▶
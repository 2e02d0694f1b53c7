-- ===== src/Net/Probe/Loop.antt =====
-- The steps of the probe's loop, and induction on its run.
use ping_gaurd.Prelude.{
  ℕ, zero, suc, ◌≡◌, refl, sym, subst, ◌⊎◌, inl, inr, Text, Option, none, some, List, [], ◌∷◌,
  arith,
}
use ping_gaurd.Models.{Result-cases, Result, ok, raise}
use ping_gaurd.Net.Http.{HttpRequest}
use ping_gaurd.Net.Resolve.{UrlLibrary, NetError}
use ping_gaurd.Net.Probe.{
  Setting, World, Finished, Next, finish, follow, hop_request, hop_reply, probe_loop,
}

pub Next-cases : (n : Next) → ((f : Finished) × (n ≡ finish f)) ⊎ ((url : Text) × (n ≡ follow url))
Next-cases (finish f) = inl (f, refl)
Next-cases (follow url) = inr (url, refl)

abbrev pub Run : Type 0
Run = List HttpRequest × Option (Result NetError Finished)

module _ (lib : UrlLibrary) (setting : Setting) (world : World) where
  abbrev request_at : Text → ℕ → Result NetError HttpRequest
  request_at = hop_request lib setting world

  abbrev reply_at : Text → ℕ → HttpRequest → Result NetError Next
  reply_at url c r = hop_reply lib setting world url c (world.send c r)

  abbrev run_of : ℕ → Text → ℕ → Run
  run_of = probe_loop lib setting world

  loop_rejects :
      (fuel : ℕ) (url : Text) (c : ℕ) {e : NetError}
      → request_at url c ≡ raise e
      → run_of (suc fuel) url c ≡ ([], some (raise e))
  unfolding probe_loop
  loop_rejects fuel url c h = ground arith

  loop_fails :
      (fuel : ℕ) (url : Text) (c : ℕ) {r : HttpRequest} {e : NetError}
      → request_at url c ≡ ok r
      → reply_at url c r ≡ raise e
      → run_of (suc fuel) url c ≡ (r ∷ [], some (raise e))
  unfolding probe_loop
  loop_fails fuel url c h k = ground arith

  loop_finishes :
      (fuel : ℕ) (url : Text) (c : ℕ) {r : HttpRequest} {f : Finished}
      → request_at url c ≡ ok r
      → reply_at url c r ≡ ok (finish f)
      → run_of (suc fuel) url c ≡ (r ∷ [], some (ok f))
  unfolding probe_loop
  loop_finishes fuel url c h k = ground arith

  loop_follows :
      (fuel : ℕ) (url : Text) (c : ℕ) {r : HttpRequest} {next : Text}
      → request_at url c ≡ ok r
      → reply_at url c r ≡ ok (follow next)
      → run_of (suc fuel) url c ≡ (let rest = run_of fuel next (suc c) in (r ∷ rest.0, rest.1))
  unfolding probe_loop
  loop_follows fuel url c h k = ground arith

  -- Induction on the run: the case of a hop has what the hop came to.
  pub loop_ind :
      (P : ℕ → Text → ℕ → Run → Type 0)
      → ((url : Text) (c : ℕ) → P 0 url c ([], none))
      → ((fuel : ℕ) (url : Text) (c : ℕ) (e : NetError)
          → request_at url c ≡ raise e
          → P (suc fuel) url c ([], some (raise e)))
      → ((fuel : ℕ) (url : Text) (c : ℕ) (r : HttpRequest) (e : NetError)
          → request_at url c ≡ ok r
          → reply_at url c r ≡ raise e
          → P (suc fuel) url c (r ∷ [], some (raise e)))
      → ((fuel : ℕ) (url : Text) (c : ℕ) (r : HttpRequest) (f : Finished)
          → request_at url c ≡ ok r
          → reply_at url c r ≡ ok (finish f)
          → P (suc fuel) url c (r ∷ [], some (ok f)))
      → ((fuel : ℕ) (url : Text) (c : ℕ) (r : HttpRequest) (next : Text) (rest : Run)
          → request_at url c ≡ ok r
          → reply_at url c r ≡ ok (follow next)
          → P fuel next (suc c) rest
          → P (suc fuel) url c (r ∷ rest.0, rest.1))
      → (fuel : ℕ) (url : Text) (c : ℕ) → P fuel url c (run_of fuel url c)
  unfolding probe_loop
  loop_ind P empty rejects fails finishes follows zero url c = empty url c
  loop_ind P empty rejects fails finishes follows (suc fuel) url c =
      elim (Result-cases (request_at url c)) [
        | inr (e, d) ↦
            subst (P (suc fuel) url c) (sym (loop_rejects fuel url c d)) (rejects fuel url c e d)
        | inl (r, d) ↦ elim (Result-cases (reply_at url c r)) [
          | inr (e, k) ↦
              subst (P (suc fuel) url c) (sym (loop_fails fuel url c d k))
                (fails fuel url c r e d k)
          | inl (next, k) ↦ elim (Next-cases next) [
            | inl (f, n) ↦
                let done : reply_at url c r ≡ ok (finish f) = cc in
                subst (P (suc fuel) url c) (sym (loop_finishes fuel url c d done))
                  (finishes fuel url c r f d done)
            | inr (u, n) ↦
                let on : reply_at url c r ≡ ok (follow u) = cc in
                let rest = loop_ind P empty rejects fails finishes follows fuel u (suc c) in
                subst (P (suc fuel) url c) (sym (loop_follows fuel url c d on))
                  (follows fuel url c r u _ d on rest)
          ]
        ]
      ]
◀
The result is a copy of every line above where the word "none" shows up.

▶ **RESULT FOR THIS EXERCISE**:
  ℕ, zero, suc, ◌≡◌, refl, sym, subst, ◌⊎◌, inl, inr, Text, Option, none, some, List, [], ◌∷◌,
      → ((url : Text) (c : ℕ) → P 0 url c ([], none))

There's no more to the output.